Володя недовольно пнул дымящуюся головешку и, не переставая писать, сказал:
— Шуруй-ка завтрак, мы сегодня рано уйдем.
— С ночевкой, Володя?
— Нет, вернемся. Сегодня же Степан придет.
— Степан про нас думать забыл: кто от жены торопится?
— Не беспокойся: тоскует по твоим кашам.
Володя снова углубился в карту, отмахиваясь от комаров папироской. Ну, раз Володя сказал — скорее, надо скорее, а то рассердится. Она набросала в костер смоляков, растолкла гречневые брикеты, поджарила для заправки дикого луку.
В ведрах скоро засипело, зашумело, а Володя все колдовал над картой.
— Продукты нам в дорогу собрала?
— Собрала. Что было, все положила: сухари, сгущенку, рыбы копченой.
— Ладно.
И опять уткнулся, дымя своей едучей самокруткой. Лена работала с Володей уже второй сезон. У него была девушка, невеста, очень хорошенькая. Она была еще школьница, они переписывались и в письмах обращались друг к другу на «вы». А прошлым летом она заболела и умерла, и Володя все не может ее забыть. Лена жалела Володю и никогда на него не сердилась.
— День будет хороший, туман на землю ложится. А я сегодня во сне дом видела. Потеха. Степан когда придет?
— Не знаю. Вечером, наверное.
Солнышко поднялось, поверх тумана протянулись тени. Туман порозовел, заворочался, на болоте островками начали выныривать верхушки березок.
— Если караван не придет, на ужин уху сварю. Видела во сне — на электричку спешила. Уже забыла, какие электрички через Рузу проходят, какие останавливаются, а то помнила. Чем это, Володя, по утрам пахнет, просто голова кружится? Клюква, что ли, на болоте цветет?
— Не знаю. Ты мне мешаешь, Ленок.
— Наверное, клюква, а может, облепиха. Тут зацветет все дружно, как-то сразу. Замечал, Володя? Ладно, ладно, молчу.

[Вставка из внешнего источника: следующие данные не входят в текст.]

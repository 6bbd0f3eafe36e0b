-- ===== src/Tests/OpenAi.antt =====
-- Runs of pkg/provider/openai/openai.go.
use skylark.Base.{
  refl, ok, err, [], ◌≡◌, ◌∷◌, Bool, true, false, Option, none, some, Result, if◌then◌else◌, ◌==◌,
  ℕ_eq, List_eq, length,
}
use skylark.Base.Int.{pos, ◌+ℤ◌, ◌-ℤ◌}
use skylark.Base.Dict.{lookup}
use skylark.Text.{Text, bytes}
use skylark.Provider.RateLimit.{fires, new_rate_limiter, wait, add_tokens}
use skylark.Provider.Monitor.{Monitor, new_monitor, record_latency, record_request, record_tokens}
use skylark.Provider.Interface.{Usage, Response}
use skylark.Provider.OpenAi.{
  build_request, Reply, Request, Provider, HttpOutcome, replied, State, Times, SendError, panicked,
  send,
}
use skylark.Provider.OpenAi.Accounted.{calls_tools, Counted, send-Counted}

abbrev usage : Usage
usage = record { prompt = pos 3; completion = pos 2; total = pos 5 }

abbrev no_error : Text → Option (Text × Text)
no_error body = none

-- The body "call" asks for a tool, the body "" has no choices.
abbrev read_reply : Text → Result Text Reply
read_reply body =
    if body == bytes "call"
    then ok (record {
      choices =
          record {
            content = [];
            tool_calls =
                record { id = bytes "1"; name = bytes "echo"; arguments = bytes "hi" } ∷ [];
          }
          ∷ [];
      usage = usage;
    })
    else if body == []
    then ok (record { choices = []; usage = usage })
    else ok (record { choices = record { content = body; tool_calls = [] } ∷ []; usage = usage })

-- Answers the first request with a call of a tool, and the second with `last`.
abbrev server : Text → Request Bool → HttpOutcome
server last req = if length req.messages == 1 then replied 200 (bytes "call") else replied 200 last

abbrev is_false : Bool → Bool
is_false b = if b then false else true

abbrev echo : Provider Bool
echo = record {
  config = record { api_key = bytes "key"; temperature = true; max_tokens = pos 100 };
  model = bytes "gpt-4";
  tools =
      (
        bytes "echo",
        record { description = []; parameters = []; perform = λ arguments. ok arguments },
      )
      ∷ [];
}

abbrev idle : State
idle = record {
  limiter =
      new_rate_limiter (record { requests_per_minute = pos 3; tokens_per_minute = pos 1000 }) 0;
  monitor = some new_monitor;
}

abbrev times : Times
times = record { start = 1; wake = fires 0; first = 2; second = 3 }

-- The result, and the counts of the monitor, of a call whose second reply is `last`.
abbrev outcome : Text → Result SendError Response × Option Monitor
outcome last =
    let r =
      send no_error read_reply is_false echo (server last) false times (bytes "hello") none idle in
    (r.0, r.1.monitor)

abbrev two_calls : Option Monitor
two_calls = some (record {
  requests = 2;
  failures = 0;
  prompt_tokens = pos 6;
  completion_tokens = pos 4;
  total_tokens = pos 10;
  call_count = 2;
})

calls_a_tool : outcome (bytes "bye") ≡ (
  ok (record { content = bytes "bye"; usage = usage; error = none; tool_calls = [] }),
  two_calls,
)
unfolding send wait new_rate_limiter add_tokens lookup ◌-ℤ◌ record_latency record_request
    record_tokens ◌+ℤ◌
calls_a_tool = refl

-- A reply without choices ends the program, and is counted as a success.
no_choices : outcome [] ≡ (err panicked, two_calls)
unfolding send wait new_rate_limiter add_tokens lookup ◌-ℤ◌ record_latency record_request
    record_tokens ◌+ℤ◌
no_choices = refl

send-Counted_example :
    Counted
      (calls_tools no_error read_reply is_false echo
        (server (bytes "bye"))
        false
        times
        (build_request no_error read_reply is_false echo
          (server (bytes "bye"))
          (bytes "hello")
          none)
        idle)
      idle
      (send no_error read_reply is_false echo
        (server (bytes "bye"))
        false
        times
        (bytes "hello")
        none
        idle)
send-Counted_example =
    send-Counted no_error read_reply is_false echo (server (bytes "bye")) false times
      (bytes "hello") none idle
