-- ===== src/Tests/Parser.antt =====
-- pkg/parser/parser.go at concrete inputs.
use skylark.Base.{is_ok, all, ◌≡◌, refl, ok, map, [], ◌∷◌, List}
use skylark.Text.{Text, bytes}
use skylark.Text.Trim.{trim_space, trim_left, trim_right, is_blank, width}
use skylark.Parser.Command.{Command, parse_command, parse_commands}
use skylark.Parser.Command.Accepts.{
  fits, command_lines, parse_commands-fits, parse_commands-originals,
}
use skylark.Parser.References.{parse_references}

references_test : parse_references (bytes "see # A b # and #c#d") ≡ bytes "A b" ∷ bytes "c" ∷ []
unfolding parse_references trim_space trim_left trim_right is_blank width
references_test = refl

abbrev note : Text
note = bytes "# T\n  !Bot say # A # \nx\n!hi"

abbrev note_commands : List Command
note_commands =
    record {
      assistant = bytes "bot";
      text = bytes "say # A #";
      original = bytes "!Bot say # A #";
      references = bytes "A" ∷ [];
      context = [];
    }
    ∷ record {
      assistant = bytes "default";
      text = bytes "hi";
      original = bytes "!hi";
      references = [];
      context = [];
    }
    ∷ []

note_parses : parse_commands note ≡ ok note_commands
unfolding parse_commands parse_command parse_references trim_space trim_left trim_right is_blank
    width
note_parses = refl

parse_commands-originals_example :
    map (λ (c : Command). c.original) note_commands ≡ command_lines note
parse_commands-originals_example = parse_commands-originals note note_commands note_parses

parse_commands-fits_example :
    is_ok (parse_commands (bytes "!\nx")) ≡ all fits (command_lines (bytes "!\nx"))
parse_commands-fits_example = parse_commands-fits (bytes "!\nx")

Туман расходился, блеснуло озеро, вода засверкала, черная, парящая. Как черный пароход, выплыл тот берег, обрывистый, каменный, и мимо него над водой понесло космы тумана.
— Карахоль-озеро проглянуло, — сказала Лена. — Купаться сегодня буду. Ты, Володя, купаться любишь?
Лена молчать не любила, но стеснялась, что у нее не хватало ума говорить интересно, как говорят в кино или в книгах красивые, умные женщины. Она могла думать только о самых простых вещах, в которых не было ничего завлекательного. Когда все уходили, она начинала говорить сама с собой, или с озером, или со старой лиственницей, что стояла у костра, а то скучно.